Ich würde gerne den Löwenzahn sammt paar seiner Blätter unten freistellen und das ganze dann auf einem weissen Hintergrund platzieren.

Aber ich kann den Löwenzahn einfach nicht so freistellen, dass er keinen Rand (also Hintergrund vom Original) mehr hat.

Bei mir schaut das immer so aus: http://www.worthmuchmore.com/problem/loewenzahn.jpg

Ich hoffe ihr könnt mir weiterhelfen.

Vielen Dank 

PS: Mein Versucht ist mit Absicht so "blass". Möchte nicht, dass er so kräftig scheint, sondern eher dezent wirkt.
Also habe ich ihn leicht weiss übermalt. 
Gibts da noch eine anderen Möglichkeit dafür?


----------



## ShadowMan (5. September 2004)

Hi du!

Schau dir doch mal folgendes an:

http://www.tutorials.de/forum/showthread.php?s=&threadid=152372&highlight=freistellen

(im Forum gibts übrigens so unendlich viele Themen über "freistellen")

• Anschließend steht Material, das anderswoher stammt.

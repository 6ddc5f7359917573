-- ===== src/WebGl/Requests.antt =====
-- How many animation frames a log has asked for.
use fhmuenster.Base.{if_both, ℕ, suc, ◌≡◌, refl, Bool, true, false, if◌then◌else◌, List, [], ◌∷◌}
use fhmuenster.Platform.{Platform}
use fhmuenster.WebGl.{Gl, Call, ◌▷◌, alert, request_animation_frame}
use fhmuenster.WebGlStart.{
  get_instance, start, webgl_start_example, init_shaders, create_shaders, report_link,
}

module _ {p : Platform} where
  abbrev pub requests : List (Call p) → ℕ
  requests [] = 0
  requests (request_animation_frame ∷ cs) = suc (requests cs)
  requests (c ∷ cs) = requests cs

  abbrev pub requested : Gl p → ℕ
  requested g = requests g.log

  pub alert_quiet :
      (linked : Bool) (g : Gl p) → requested (if linked then g else g ▷ alert) ≡ requested g
  alert_quiet true g = refl
  alert_quiet false g = refl

  start_quiet : (g : Gl p) → requested (start g) ≡ requested g
  unfolding start webgl_start_example init_shaders create_shaders report_link
  start_quiet g = alert_quiet p.links _

  pub requested-get_instance : (g : Gl p) → requested (get_instance g) ≡ requested g
  unfolding get_instance
  requested-get_instance g =
      if_both (λ g'. requested g' ≡ requested g) g.started refl (start_quiet g)
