-- ===== src/Scenegraph/Holds.antt =====
-- What holds of a result if there is one, and what every step of the traversal keeps.
use fhmuenster.Base.{ℕ, zero, suc, ◌≡◌, refl, Option, none, some, List, [], ◌∷◌, get_elem?}
use fhmuenster.Platform.{Platform}
use fhmuenster.WebGlStart.{get_instance}
use fhmuenster.MatrixStack.{pop}
use fhmuenster.SgNode.{Node, Scene}
use fhmuenster.Scenegraph.{
  World, Result, ok, throw, ◌>>=◌, or_throw, show, draw_children, draw_traversal, enter,
}

abbrev pub Holds : {A : Type 0} → (A → Type 0) → Result A → Type 0
Holds P (ok a) = P a
Holds P (throw e) = Unit

pub Holds-map :
    {A : Type 0} (P Q : A → Type 0) (r : Result A) → Holds P r → ((a : A) → P a → Q a) → Holds Q r
Holds-map P Q (ok a) h k = k a h
Holds-map P Q (throw e) h k = tt

pub bind-Holds :
    {A B : Type 0} (P : A → Type 0) (Q : B → Type 0) (r : Result A) (f : A → Result B)
    → Holds P r
    → ((a : A) → P a → Holds Q (f a))
    → Holds Q (r >>= f)
bind-Holds P Q (ok a) f h k = k a h
bind-Holds P Q (throw e) f h k = tt

pub or_throw-Holds :
    {A B : Type 0} (Q : B → Type 0) (o : Option A) (f : A → Result B)
    → ((a : A) → o ≡ some a → Holds Q (f a))
    → Holds Q (or_throw o >>= f)
or_throw-Holds Q none f k = tt
or_throw-Holds Q (some a) f k = k a refl

-- A property of the scene that the start of WebGL and the step at a node keep.
pub record IsKept {p : Platform} (P : Scene p → Type 0) : Type 0 where
  pub started : (s : Scene p) → P s → P (record s { gl = get_instance s.gl })
  pub shown :
      (days : p.R) (world : p.Mat4) (id : ℕ) (n : Node p) (s : Scene p)
      → get_elem? s.nodes id ≡ some n
      → P s
      → Holds (λ r. P r.1) (show days world id n s)

module _ {p : Platform} (P : Scene p → Type 0) where
  children_keep :
      (draw : ℕ → World p → Result (World p))
      → ((id : ℕ) (w : World p) → P w.scene → Holds (λ w'. P w'.scene) (draw id w))
      → (ids : List ℕ) (w : World p) → P w.scene
      → Holds (λ w'. P w'.scene) (draw_children draw ids w)
  unfolding draw_children
  children_keep draw each [] w h = h
  children_keep draw each (id ∷ ids) w h =
      bind-Holds (λ w'. P w'.scene) (λ w'. P w'.scene) (draw id w) _ (each id w h)
        λ w' h'. children_keep draw each ids w' h'

  -- A traversal that returns has kept the property.
  pub draw_traversal-Holds :
      IsKept P
      → (days : p.R) (fuel id : ℕ) (w : World p) → P w.scene
      → Holds (λ w'. P w'.scene) (draw_traversal days fuel id w)
  unfolding draw_traversal
  draw_traversal-Holds kept days zero id w h = tt
  draw_traversal-Holds kept days (suc fuel) id w h =
      let Kept : World p → Type 0 = λ w'. P w'.scene in
      or_throw-Holds Kept (get_elem? w.scene.nodes id) _ λ n found.
        or_throw-Holds Kept (enter p n.trafo w.matrices) _ λ entered e.
          let s : Scene p = record w.scene { gl = get_instance w.scene.gl } in
          let world = entered.1.cell entered.0 in
          bind-Holds (λ (r : Node p × Scene p). P r.1) Kept (show days world id n s) _
            (kept.shown days world id n s found (kept.started w.scene h))
            λ shown k.
              let w1 : World p = record { scene = shown.1; matrices = entered.1 } in
              bind-Holds Kept Kept (draw_children (draw_traversal days fuel) (shown.0).children w1)
                _
                (children_keep (draw_traversal days fuel) (draw_traversal-Holds kept days fuel)
                  (shown.0).children w1 k)
                λ w' k'. or_throw-Holds Kept (pop w'.matrices) _ λ popped e'. k'
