-- ===== src/Scenegraph/Requests.antt =====
-- The animation frames that a traversal asks for.
use fhmuenster.Base.{ℕ, ◌≡◌, refl, ◌∙◌, ap, inl, inr, Option, none, some, List, [], ◌∷◌}
use fhmuenster.Platform.{Platform}
use fhmuenster.WebGl.{Gl, ◌▷◌, uniform_matrix4, uniform_matrix3, model_view_matrix, normal_matrix}
use fhmuenster.WebGl.Requests.{requests, requested, requested-get_instance}
use fhmuenster.Camera
use fhmuenster.Camera.View.{draw_view}
use fhmuenster.Light
use fhmuenster.Material
use fhmuenster.Texture
use fhmuenster.Sphere
use fhmuenster.Sphere.{bind_buffers}
use fhmuenster.Square
use fhmuenster.Square.{Square}
use fhmuenster.Triangle
use fhmuenster.CubeNode
use fhmuenster.CubeNode.{draw_squares, bind_tex}
use fhmuenster.SgNode.{
  update_light, Kind, Node, Scene, draw_kind, drawn_camera, plain, component, camera, orbit, planet,
  light, material, texture, sphere, cube,
}
use fhmuenster.Scenegraph.{World, ok, ◌>>=◌, or_throw, show, draw_traversal, put_back}
use fhmuenster.Scenegraph.Holds.{Holds, Holds-map, or_throw-Holds, draw_traversal-Holds}

module _ {p : Platform} where
  -- A kind's `draw` leaves the number of requests.
  abbrev Quiet : ℕ → Option (Kind p × p.Mat4 × Gl p) → Type 0
  Quiet n none = Unit
  Quiet n (some (k, t, g)) = requested g ≡ n

  Square-draw_quiet : (s : Square p) (g : Gl p) → requested (Square.draw s g).1 ≡ requested g
  unfolding Square.draw Square.draw_half Square.init_buffer Square.bind_buffer Triangle.draw
  Square-draw_quiet s g =
      requested-get_instance _
      ∙ requested-get_instance _
      ∙ requested-get_instance _
      ∙ requested-get_instance g

  draw_squares_quiet :
      (ss : List (Square p)) (g : Gl p) → requested (draw_squares ss g).1 ≡ requested g
  unfolding draw_squares
  draw_squares_quiet [] g = refl
  draw_squares_quiet (s ∷ ss) g = draw_squares_quiet ss (Square.draw s g).1 ∙ Square-draw_quiet s g

  drawn_camera-Quiet :
      (c : Camera.Camera p) (t : p.Mat4) (g : Gl p)
      → Quiet (requested g) (drawn_camera t (Camera.draw c g))
  drawn_camera-Quiet c t g = elim (draw_view c g) [
    | inl (threw, _) ↦ rw threw tt
    | inr (view, c', g', drawn, regular, matrix, speeds, fov, log) ↦
        rw drawn (ap requests log ∙ requested-get_instance g)
  ]

  draw_kind-Quiet :
      (days : p.R) (k : Kind p) (t : p.Mat4) (g : Gl p) → Quiet (requested g) (draw_kind days k t g)
  unfolding draw_kind Light.draw Material.draw Texture.draw Sphere.draw bind_buffers CubeNode.draw
      bind_tex
  draw_kind-Quiet days plain t g = refl
  draw_kind-Quiet days (component name) t g = refl
  draw_kind-Quiet days (camera c) t g = drawn_camera-Quiet c t g
  draw_kind-Quiet days (orbit o) t g = refl
  draw_kind-Quiet days (planet o) t g = refl
  draw_kind-Quiet days (light l) t g = requested-get_instance g
  draw_kind-Quiet days (material m) t g = requested-get_instance g
  draw_kind-Quiet days (texture x) t g = requested-get_instance g
  draw_kind-Quiet days (sphere s) t g = requested-get_instance _ ∙ requested-get_instance g
  draw_kind-Quiet days (cube c) t g = draw_squares_quiet c.squares _ ∙ requested-get_instance g

  show_quiet :
      (days : p.R) (world : p.Mat4) (id : ℕ) (n : Node p) (s : Scene p)
      → Holds (λ r. requested r.1.gl ≡ requested s.gl) (show days world id n s)
  unfolding show
  show_quiet days world id n s =
      or_throw-Holds (λ (r : Node p × Scene p). requested r.1.gl ≡ requested s.gl)
        (p.normal_from_mat4 world) _
        λ normal upright.
          let g =
            s.gl ▷ uniform_matrix4 model_view_matrix world ▷ uniform_matrix3 normal_matrix normal in
          put_quiet (draw_kind days (update_light world n.kind) n.trafo g)
            (draw_kind-Quiet days (update_light world n.kind) n.trafo g)
    where
      put_quiet :
          (drawn : Option (Kind p × p.Mat4 × Gl p))
          → Quiet (requested s.gl) drawn
          → Holds
              (λ r. requested r.1.gl ≡ requested s.gl)
              (or_throw drawn >>= λ d. ok (put_back id n s d))
      put_quiet none h = tt
      put_quiet (some (k, t, g)) h = h

  -- A traversal asks for no frame.
  pub draw_traversal_quiet :
      (days : p.R) (fuel id : ℕ) (w : World p)
      → Holds (λ w'. requested w'.scene.gl ≡ requested w.scene.gl) (draw_traversal days fuel id w)
  draw_traversal_quiet days fuel id w =
      draw_traversal-Holds (λ s. requested s.gl ≡ requested w.scene.gl)
        (record {
          started = λ s h. requested-get_instance s.gl ∙ h;
          shown = λ days world id n s found h.
              Holds-map (λ (r : Node p × Scene p). requested r.1.gl ≡ requested s.gl)
                (λ r. requested r.1.gl ≡ requested w.scene.gl) (show days world id n s)
                (show_quiet days world id n s) λ r k. k ∙ h;
        })
        days fuel id w refl
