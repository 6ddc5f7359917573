-- ===== src/Main/Setup/Requests.antt =====
-- The animation frames that the script asks for while it creates the scene.
use fhmuenster.Base.{◌≡◌, refl, Bool, true, false, []}
use fhmuenster.Platform.{Platform}
use fhmuenster.WebGl.{Gl}
use fhmuenster.WebGl.Requests.{requested, alert_quiet}
use fhmuenster.WebGlStart.{
  get_instance, start, webgl_start_example, init_shaders, create_shaders, report_link,
}
use fhmuenster.SgNode.{add_child}
use fhmuenster.Light.{new_light}
use fhmuenster.Material.{new_material}
use fhmuenster.Texture.{new_texture_node}
use fhmuenster.Sphere
use fhmuenster.Sphere.{new_sphere}
use fhmuenster.Triangle
use fhmuenster.Square
use fhmuenster.Square.{new_square}
use fhmuenster.Triangle.{new_triangle}
use fhmuenster.CubeNode.{new_cube_node}
use fhmuenster.Main.Setup.{◌>>=◌, ◌>>◌, pure, create, create_with, edge, set_material, make_scene}

module _ (p : Platform) where
  by_start :
      (started : Bool) (g : Gl p)
      → requested (make_scene p (record { nodes = []; gl = record g { started = started } })).1.gl
        ≡ requested g
  unfolding make_scene add_child ◌>>=◌ ◌>>◌ pure create create_with edge set_material new_light
      new_material new_texture_node new_sphere new_cube_node new_square new_triangle
      Sphere.init_buffers Triangle.init_buffers Square.init_buffer get_instance start
      webgl_start_example init_shaders create_shaders report_link
  by_start true g = refl
  by_start false g = alert_quiet p.links _

  pub make_scene_quiet :
      (g : Gl p) → requested (make_scene p (record { nodes = []; gl = g })).1.gl ≡ requested g
  make_scene_quiet g = by_start g.started g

Ich würde es, falls es so nicht klappt wie du es versucht hast, mit einer Ebenenmaske machen. Wie das aussieht wird auch in dem Thread oben gezeigt. Wichtig dabei: zoomen! Je näher, desto genauer wirds.
Sowas ist leider nicht in einer Minute gemacht.

Lieben Gruß,
Manuel ;-]


----------



## Receiver (6. September 2004)

Zum Thema "blass wirken lassen": Du kannst auch einfach den Lövenzehn auf den weißen Hintergrund legen, und die Deckkraft entwas runtersetzen.


----------



## Joh (6. September 2004)

Mit dem Pfadtool einen Pfad erstellen, dann in Auswahl umwandeln, weiche Auswahlkante von 1 Pixel, 
kopieren, in neue Grafik einfügen, fertig.

JPEG 
PSD

Zum Thema verblassen einfach die Deckkraft der Ebene 1 herunter setzen.


----------



## Trunx (6. September 2004)

Hi

Wow, vielen Dank, vor allem an dich Joh  
Genau so habe ich mir das vorgestellt.
Alle anderen Freistellungstechniken habe nicht annähernd so gut geklappt.

thx


----------